Can you explain this O(n2) vs O(n) significance better?
Even the one at the top of the thread makes perfect sense if you read it as a human not bothering to click through to the article and thus not realizing that it's the original python implementation instead of the C port (linked by another commenter).
Perhaps I'm finally starting to fail as a turing test proctor.
In terms of computation isn't each step O(1) in the cached case, with the entire thing being O(n)? As opposed to the previous O(n) and O(n^2).
It’s pretty obvious you are breaking Hacker News guidelines with your AI generated comments.

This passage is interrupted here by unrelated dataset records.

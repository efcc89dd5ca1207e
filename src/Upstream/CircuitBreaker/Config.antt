-- ===== src/Upstream/CircuitBreaker/Config.antt =====
-- pkg/upstream/circuitbreaker.go, the configuration: its defaults and the backed-off cooldown.
use parapet.Prelude.{
  ℕ, zero, suc, ◌-◌, ◌*◌, ◌%◌, ◌^◌, ◌≤◌, ◌<◌, ◌||◌, arith, ltb, leb, ◌==◌, if◌then◌else◌,
}
use parapet.Upstream.CircuitBreaker.Word.{cb_max_probes}

-- Durations are nanoseconds. A field that is not positive counts as 0, which means its default.
pub record Config : Type 0 where
  pub failure_threshold : ℕ
  pub success_threshold : ℕ
  pub open_timeout : ℕ
  pub max_open_timeout : ℕ
  pub probe_timeout : ℕ
  pub half_open_max_probes : ℕ

abbrev pub second : ℕ
second = 1_000_000_000

abbrev pub or_default : ℕ → ℕ → ℕ
or_default d n = if n == 0 then d else n

-- `init`, as far as it sets the configuration.
unfoldable pub with_defaults : Config → Config
with_defaults c =
    let open_timeout = or_default (5 * second) c.open_timeout in
    let max_open = or_default (60 * second) c.max_open_timeout in
    let probes = or_default 1 c.half_open_max_probes in
    record {
      failure_threshold = or_default 5 c.failure_threshold;
      success_threshold = or_default 2 c.success_threshold;
      open_timeout = open_timeout;
      max_open_timeout = if ltb max_open open_timeout then open_timeout else max_open;
      probe_timeout = or_default (120 * second) c.probe_timeout;
      half_open_max_probes = if ltb cb_max_probes probes then cb_max_probes else probes;
    }

-- `for i := 1; i < g && d < max; i++ { d *= 2 }` on the bit pattern of an int64, with the rounds
-- that are left; from 2^63 on a pattern stands for a negative number.
unfoldable pub doubled : ℕ → ℕ → ℕ → ℕ
doubled zero max d = d
doubled (suc n) max d =
    let rest = doubled n max (d * 2 % 2 ^ 64) in if leb (2 ^ 63) d || ltb d max then rest else d

-- An int32 trip count that has wrapped to a negative number makes no round.
abbrev pub rounds : ℕ → ℕ
rounds g = if ltb g (2 ^ 31) then g - 1 else 0

unfoldable pub cooldown : Config → ℕ → ℕ
unfolding doubled
cooldown c g =
    let d = doubled (rounds g) c.max_open_timeout c.open_timeout in
    if d == 0 || leb (2 ^ 63) d || ltb c.max_open_timeout d then c.max_open_timeout else d

-- What `init` leaves.
pub record IsConfigured (c : Config) : Type 0 where
  pub failures : 0 < c.failure_threshold
  pub successes : 0 < c.success_threshold
  pub timeout : 0 < c.open_timeout
  pub capped : c.open_timeout ≤ c.max_open_timeout
  pub slots : 0 < c.half_open_max_probes
  pub bounded : c.half_open_max_probes ≤ cb_max_probes

pub with_defaults-IsConfigured : (c : Config) → IsConfigured (with_defaults c)
unfolding with_defaults
with_defaults-IsConfigured c = ground arith
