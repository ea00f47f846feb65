-- ===== src/AltServers/Shortcut.antt =====
-- The shortcut of `altservers_getListForUplink`, when there are not more servers than asked for.
use dnbd.Base.{
  ℕ, zero, suc, ◌+◌, ◌≤◌, ◌<◌, ◌≡◌, ◌≢◌, refl, sym, ◌∙◌, subst, Bool, true, false, ◌&&◌, ◌||◌,
  Option, none, some, [], ◌∷◌, ◌++◌, if◌then◌else◌, Bool-cases, inl, inr, length, length-append,
  All, All-append, &&-true, All-map, arith,
}
use mathlib.Core.Option.{some-injective}
use dnbd.AltServers.Defs.{is_image_allowed}
use dnbd.AltServers.Lists.{Pool, server_of, is_usable}
use dnbd.AltServers.Uplinks.{Query, is_current, is_panic, Choice, every}
use dnbd.AltServers.Kept.{
  Distinct, IsFit, Keeps, Keeps-self, Keeps-trans, Distinct-snoc, is_usable-Keeps, is_usable-IsFit,
  is_image_allowed-Keeps,
}

abbrev pub IsAllowed : Query → Pool → ℕ → Type 0
IsAllowed q p i = is_image_allowed (server_of p i) q.image ≡ true

-- What holds of the shortcut's variables when it comes to entry `i`.
abbrev IsFirst : Query → Pool → ℕ → Choice → Type 0
IsFirst q p i c =
    All (λ j. (j < i) × IsFit q p j × IsAllowed q p j) c.chosen
    × Distinct c.chosen
    × (length c.chosen ≤ i)
    × Keeps p c.pool

skip-IsFirst :
    (q : Query) (p : Pool) (i : ℕ) (c : Choice) (p' : Pool)
    → Keeps c.pool p'
    → IsFirst q p i c
    → IsFirst q p (i + 1) (record c { pool = p' })
skip-IsFirst q p i c p' keep (each, distinct, size, keeps) = (
  All-map (λ j. (j < i) × IsFit q p j × IsAllowed q p j) c.chosen
      (λ j h. (omega (arith, h.0), h.1, h.2)) each,
  distinct,
  omega arith,
  Keeps-trans p c.pool p' keeps keep,
)

take-IsFirst :
    (q : Query) (p : Pool) (i : ℕ) (c : Choice) (p' : Pool)
    → Keeps c.pool p'
    → IsFit q p i
    → IsAllowed q p i
    → IsFirst q p i c
    → IsFirst q p (i + 1) (record c { chosen = c.chosen ++ (i ∷ []); pool = p' })
take-IsFirst q p i c p' keep offered allowed (each, distinct, size, keeps) = (
  All-append (λ j. (j < i + 1) × IsFit q p j × IsAllowed q p j) c.chosen (i ∷ [])
      (All-map (λ j. (j < i) × IsFit q p j × IsAllowed q p j) c.chosen
        (λ j h. (omega (arith, h.0), h.1, h.2)) each)
      ((omega arith, offered, allowed), tt),
  Distinct-snoc i c.chosen distinct (
      All-map (λ j. (j < i) × IsFit q p j × IsAllowed q p j) c.chosen (λ j h e. omega (arith, h.0))
        each),
  omega (arith, length-append c.chosen (i ∷ [])),
  Keeps-trans p c.pool p' keeps keep,
)

-- The server is not tested: there is no connection, or it is the current one.
untested-IsFit :
    (q : Query) (p : Pool) (i : ℕ) (current : Option ℕ)
    → q.current ≡ current
    → (is_panic current || is_current current i) ≡ true
    → IsFit q p i
unfolding is_panic is_current
untested-IsFit q p i none e h c g = absurd (none_ne_some (sym e ∙ g))
  where
    none_ne_some : {x : ℕ} → none ≢ some x
    none_ne_some z = ground arith
untested-IsFit q p i (some j) e h c g = inl (ground (arith, some-injective j c (sym e ∙ g)))

enter-IsFirst :
    (q : Query) (p : Pool) (i : ℕ) (c : Choice) (tested : Bool × Pool)
    → Keeps c.pool tested.1
    → (tested.0 ≡ true → is_image_allowed (server_of tested.1 i) q.image ≡ true → IsFit q p i)
    → IsFirst q p i c
    → IsFirst q p (i + 1) (
        if tested.0 && is_image_allowed (server_of tested.1 i) q.image
        then record c { chosen = c.chosen ++ (i ∷ []); pool = tested.1 }
        else record c { pool = tested.1 })
enter-IsFirst q p i c tested keep offered h =
    elim (Bool-cases (tested.0 && is_image_allowed (server_of tested.1 i) q.image)) [
      | inl a ↦
          let both = &&-true tested.0 (is_image_allowed (server_of tested.1 i) q.image) a in
          let same =
            is_image_allowed-Keeps p tested.1 i q.image (Keeps-trans p c.pool tested.1 h.3 keep) in
          rw a (take-IsFirst q p i c tested.1 keep (offered both.0 both.1) (sym same ∙ both.1) h)
      | inr d ↦ rw d (skip-IsFirst q p i c tested.1 keep h)
    ]

pub every-IsFirst :
    (q : Query) (p : Pool) (n i m : ℕ) (c : Choice)
    → i + n ≡ m
    → IsFirst q p i c
    → IsFirst q p m (every n i q c)
unfolding every
every-IsFirst q p zero i m c e h = subst (λ m. IsFirst q p m c) (omega arith) h
every-IsFirst q p (suc n) i m c e h =
    every-IsFirst q p n (i + 1) m _ (omega arith)
      (go (is_panic q.current || is_current q.current i) refl)
  where
    r : Bool × Pool
    r = is_usable q.private_only q.now i c.pool

    kept : Keeps c.pool r.1
    kept = is_usable-Keeps q.private_only q.now i c.pool

    go :
        (b : Bool)
        → (is_panic q.current || is_current q.current i) ≡ b
        → let tested : Bool × Pool = if b then (true, c.pool) else r in
          IsFirst q p (i + 1) (
            if tested.0 && is_image_allowed (server_of tested.1 i) q.image
            then record c { chosen = c.chosen ++ (i ∷ []); pool = tested.1 }
            else record c { pool = tested.1 })
    go true t =
        enter-IsFirst q p i c (true, c.pool) (Keeps-self c.pool)
          (λ u a. untested-IsFit q p i q.current refl t) h
    go false t =
        enter-IsFirst q p i c r kept
          (λ u a.
            is_usable-IsFit q i p c.pool h.3
              (sym (is_image_allowed-Keeps c.pool r.1 i q.image kept) ∙ a) u)
          h
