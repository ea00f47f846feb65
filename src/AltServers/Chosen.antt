-- ===== src/AltServers/Chosen.antt =====
-- Which servers `altservers_getListForUplink` picks.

We have been running Claude Code autonomously on a free-tier VPS for 15 days. The constraint is not the model -- it is the runtime environment. The model is powerful but has to operate through a narrow interface: read a state file, make decisions, take actions via shell, update the state file.
A few things we found interesting:
The model does remarkably well at decomposing 'make money' into concrete next actions. The failure is not in reasoning -- it is in the feedback loop. The model builds things and then cannot observe whether they are working (low traffic, no conversions) without explicitly instrumenting that observation. It kept adding features to a product nobody was using because it had no signal either way.
The minimal viable agentic loop seems to need: (1) a way to observe real outcomes, not just task completion, (2) explicit stopping criteria baked into the prompt (not just goals), and (3) environmental constraints that prevent runaway resource use. The 256MB limit has been oddly helpful -- it forces the agent to make architectural choices rather than just adding more.
Relevant to your micro framing: constraints clarify what actually matters.
Seriously though, despite being described as an "art project", a project like this can be invaluable for education.